Among the records that follow, find each line holding the word "Base" and copy it.

Exercise materials Block Start

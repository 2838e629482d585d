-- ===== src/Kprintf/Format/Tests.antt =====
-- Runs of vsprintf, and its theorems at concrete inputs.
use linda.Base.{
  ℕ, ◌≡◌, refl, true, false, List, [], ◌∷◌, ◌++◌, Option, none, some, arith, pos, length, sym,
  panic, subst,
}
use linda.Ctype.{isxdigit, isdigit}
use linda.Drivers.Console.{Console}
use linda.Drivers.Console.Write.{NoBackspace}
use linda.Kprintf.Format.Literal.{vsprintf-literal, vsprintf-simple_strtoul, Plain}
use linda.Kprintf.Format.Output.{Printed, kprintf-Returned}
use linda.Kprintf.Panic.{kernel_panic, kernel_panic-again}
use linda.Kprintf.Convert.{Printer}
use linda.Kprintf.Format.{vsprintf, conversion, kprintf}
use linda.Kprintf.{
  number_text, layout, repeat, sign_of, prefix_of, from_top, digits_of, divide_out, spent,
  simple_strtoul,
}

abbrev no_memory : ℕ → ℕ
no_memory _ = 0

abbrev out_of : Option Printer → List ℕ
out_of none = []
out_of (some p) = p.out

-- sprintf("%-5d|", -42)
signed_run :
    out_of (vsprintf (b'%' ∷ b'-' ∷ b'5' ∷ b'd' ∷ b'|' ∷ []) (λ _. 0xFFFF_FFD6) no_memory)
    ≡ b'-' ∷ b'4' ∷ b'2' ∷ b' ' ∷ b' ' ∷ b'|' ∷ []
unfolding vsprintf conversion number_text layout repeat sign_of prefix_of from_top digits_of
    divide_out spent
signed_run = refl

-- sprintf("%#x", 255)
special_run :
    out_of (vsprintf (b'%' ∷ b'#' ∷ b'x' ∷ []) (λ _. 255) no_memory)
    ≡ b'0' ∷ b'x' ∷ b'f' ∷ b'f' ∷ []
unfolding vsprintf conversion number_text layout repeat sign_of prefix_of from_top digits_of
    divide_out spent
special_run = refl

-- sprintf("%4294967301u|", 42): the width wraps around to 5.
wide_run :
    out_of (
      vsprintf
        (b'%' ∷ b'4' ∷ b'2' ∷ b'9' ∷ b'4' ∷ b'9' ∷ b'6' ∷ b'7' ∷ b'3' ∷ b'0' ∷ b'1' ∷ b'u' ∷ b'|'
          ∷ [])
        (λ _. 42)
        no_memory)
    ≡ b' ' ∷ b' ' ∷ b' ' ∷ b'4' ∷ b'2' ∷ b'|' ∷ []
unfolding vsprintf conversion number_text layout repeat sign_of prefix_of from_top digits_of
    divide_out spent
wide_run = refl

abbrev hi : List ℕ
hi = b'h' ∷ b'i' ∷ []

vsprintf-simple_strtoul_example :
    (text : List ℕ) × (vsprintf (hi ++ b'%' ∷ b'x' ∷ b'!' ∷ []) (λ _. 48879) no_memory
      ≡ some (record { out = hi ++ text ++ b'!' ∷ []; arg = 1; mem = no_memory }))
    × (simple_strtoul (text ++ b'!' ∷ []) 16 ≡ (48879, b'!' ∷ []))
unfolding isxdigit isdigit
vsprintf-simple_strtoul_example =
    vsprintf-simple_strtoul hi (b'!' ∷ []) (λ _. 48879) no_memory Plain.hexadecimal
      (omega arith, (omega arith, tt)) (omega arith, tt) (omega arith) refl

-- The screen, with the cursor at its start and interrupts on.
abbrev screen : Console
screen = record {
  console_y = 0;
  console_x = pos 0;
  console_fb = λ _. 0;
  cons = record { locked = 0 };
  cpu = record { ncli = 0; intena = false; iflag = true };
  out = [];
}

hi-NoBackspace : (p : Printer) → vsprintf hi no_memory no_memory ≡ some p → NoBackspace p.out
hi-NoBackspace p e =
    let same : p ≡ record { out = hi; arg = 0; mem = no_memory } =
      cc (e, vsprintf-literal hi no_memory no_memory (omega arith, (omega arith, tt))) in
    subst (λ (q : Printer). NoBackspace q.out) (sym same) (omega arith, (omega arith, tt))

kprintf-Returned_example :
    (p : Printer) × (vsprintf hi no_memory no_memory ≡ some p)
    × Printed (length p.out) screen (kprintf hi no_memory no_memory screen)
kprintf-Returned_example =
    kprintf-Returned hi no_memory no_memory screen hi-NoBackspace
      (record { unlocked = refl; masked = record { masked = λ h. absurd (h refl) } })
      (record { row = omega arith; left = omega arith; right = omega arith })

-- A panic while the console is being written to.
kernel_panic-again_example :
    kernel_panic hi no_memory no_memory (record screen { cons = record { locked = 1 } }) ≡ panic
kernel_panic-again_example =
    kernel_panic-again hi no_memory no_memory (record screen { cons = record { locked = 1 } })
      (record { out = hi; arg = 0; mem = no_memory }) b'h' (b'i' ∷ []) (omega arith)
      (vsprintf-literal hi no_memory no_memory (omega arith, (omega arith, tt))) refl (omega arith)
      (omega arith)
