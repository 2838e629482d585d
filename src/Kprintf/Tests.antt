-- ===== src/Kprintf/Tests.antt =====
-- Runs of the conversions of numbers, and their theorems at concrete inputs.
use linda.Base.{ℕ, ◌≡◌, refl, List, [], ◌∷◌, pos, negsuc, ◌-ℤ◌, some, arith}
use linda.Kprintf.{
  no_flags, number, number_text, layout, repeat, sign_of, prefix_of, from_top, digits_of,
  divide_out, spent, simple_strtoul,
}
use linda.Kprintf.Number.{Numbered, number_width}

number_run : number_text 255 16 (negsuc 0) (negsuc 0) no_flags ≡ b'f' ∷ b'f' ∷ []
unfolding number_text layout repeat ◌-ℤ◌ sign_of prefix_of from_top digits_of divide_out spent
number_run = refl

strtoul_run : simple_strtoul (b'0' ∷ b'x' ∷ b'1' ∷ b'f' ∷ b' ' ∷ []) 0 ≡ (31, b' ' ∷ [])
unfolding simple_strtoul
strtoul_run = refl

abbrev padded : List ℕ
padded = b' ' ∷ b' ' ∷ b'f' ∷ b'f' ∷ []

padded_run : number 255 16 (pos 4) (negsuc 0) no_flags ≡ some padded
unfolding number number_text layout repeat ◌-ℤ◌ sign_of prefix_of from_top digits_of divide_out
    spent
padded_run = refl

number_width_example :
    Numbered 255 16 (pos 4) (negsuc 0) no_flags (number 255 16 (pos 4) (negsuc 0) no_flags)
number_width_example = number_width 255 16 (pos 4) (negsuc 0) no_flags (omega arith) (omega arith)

Exercise materials Block End

» **Output below**:
use linda.Base.{
use linda.Base.{ℕ, ◌≡◌, refl, List, [], ◌∷◌, pos, negsuc, ◌-ℤ◌, some, arith}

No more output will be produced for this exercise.